One Application Can Snapshot The Same Data Many Times It even makes sense for a single application to take different snapshots of different subsets of a larger pool of data. Machine Learning applications work with both Training Sets and Testing Sets. Both are subsets of a larger set of objects. Snapshots are a storage and communications efficient method of identifying these sets.

Snapshots provide the same "containerizing" of a set of data as aggregating container formats such as HDF5, but without replicating the actual payload.

Snapshots can become the representation of "datasets" as used in Machine Learning applications. Multiple snapshots can each specify different selections of data, providing a single handle for referencing that set.

Snapshots can be any set of object versions, making them useful for reporting the results of object queries.

##Snapshot Optimized Data Retrieval Snapshots are not limited to identifying the set of object versions referenced behind a given tag. They can be used to optimize retrieval of the data referenced in a specific snapshot:

Any record within a Version Manifest can be included in the Snapshot Manifest. This can eliminate some or all access to the Version Manifest when the client accesses the object using the snapshot.
The local storage layer can pre-fetch non-cached Version Manifests and/or payload chunks as soon as the client indicates that it intends to access data via a snapshot (by "mounting" the snapshot). This can particularly optimize multi-stage HPC jobs.

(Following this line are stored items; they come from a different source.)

-- ===== src/Base/Word.antt =====
-- 32-bit words: `uint` is a number below 2 ^ 32, and an `int` is its two's complement pattern.
use Prim.Native.Nat.{ℕ, ◌+◌, ◌-◌, ◌%◌, ◌^◌, ◌<◌}
use mathlib.Core.Bool.{Bool}
use xmu_learning_os.Base.Tests.{ltb, leb}

-- `a + b` and `a - b` on `int` and `uint`: the same on patterns.
abbrev pub add32 : ℕ → ℕ → ℕ
add32 a b = (a + b) % 2 ^ 32

abbrev pub sub32 : ℕ → ℕ → ℕ
sub32 a b = (a + 2 ^ 32 - b) % 2 ^ 32

-- The pattern of -1.
abbrev pub minus_one : ℕ
minus_one = 2 ^ 32 - 1

-- `a < b` and `a <= b` on `int`: the bias turns the signed order into the order of numbers.
abbrev pub bias : ℕ → ℕ
bias a = (a + 2 ^ 31) % 2 ^ 32

abbrev pub slt : ℕ → ℕ → Bool
slt a b = ltb (bias a) (bias b)

abbrev pub sle : ℕ → ℕ → Bool
sle a b = leb (bias a) (bias b)

-- A pattern below 2 ^ 31 stands for itself, and the others for negative numbers.
abbrev pub IsInt : ℕ → Type 0
IsInt a = a < 2 ^ 32

abbrev pub IsNonneg : ℕ → Type 0
IsNonneg a = a < 2 ^ 31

##Summary Snapshot Manifests enable creation of true point-in-time snapshots of an eventually consistent distributed storage system. Any criteria can be applied to identify the specific subset of objects to be included in the snapshot. Once created the Snapshot Manifest can be used to access that data, to optimize processing of that data as a set, to clone that point in history or rollback to it.

The Snapshot Manifest goes beyond the traditional file system snapshot and becomes a far more generalized expression of a dataset.

[1]: Leslie Lamport, K. Mani Chandy: Distributed Snapshots: Determining GlobalStates of a Distributed System. In: ACM Transactions on Computer Systems 3. Nr. 1, February 1985.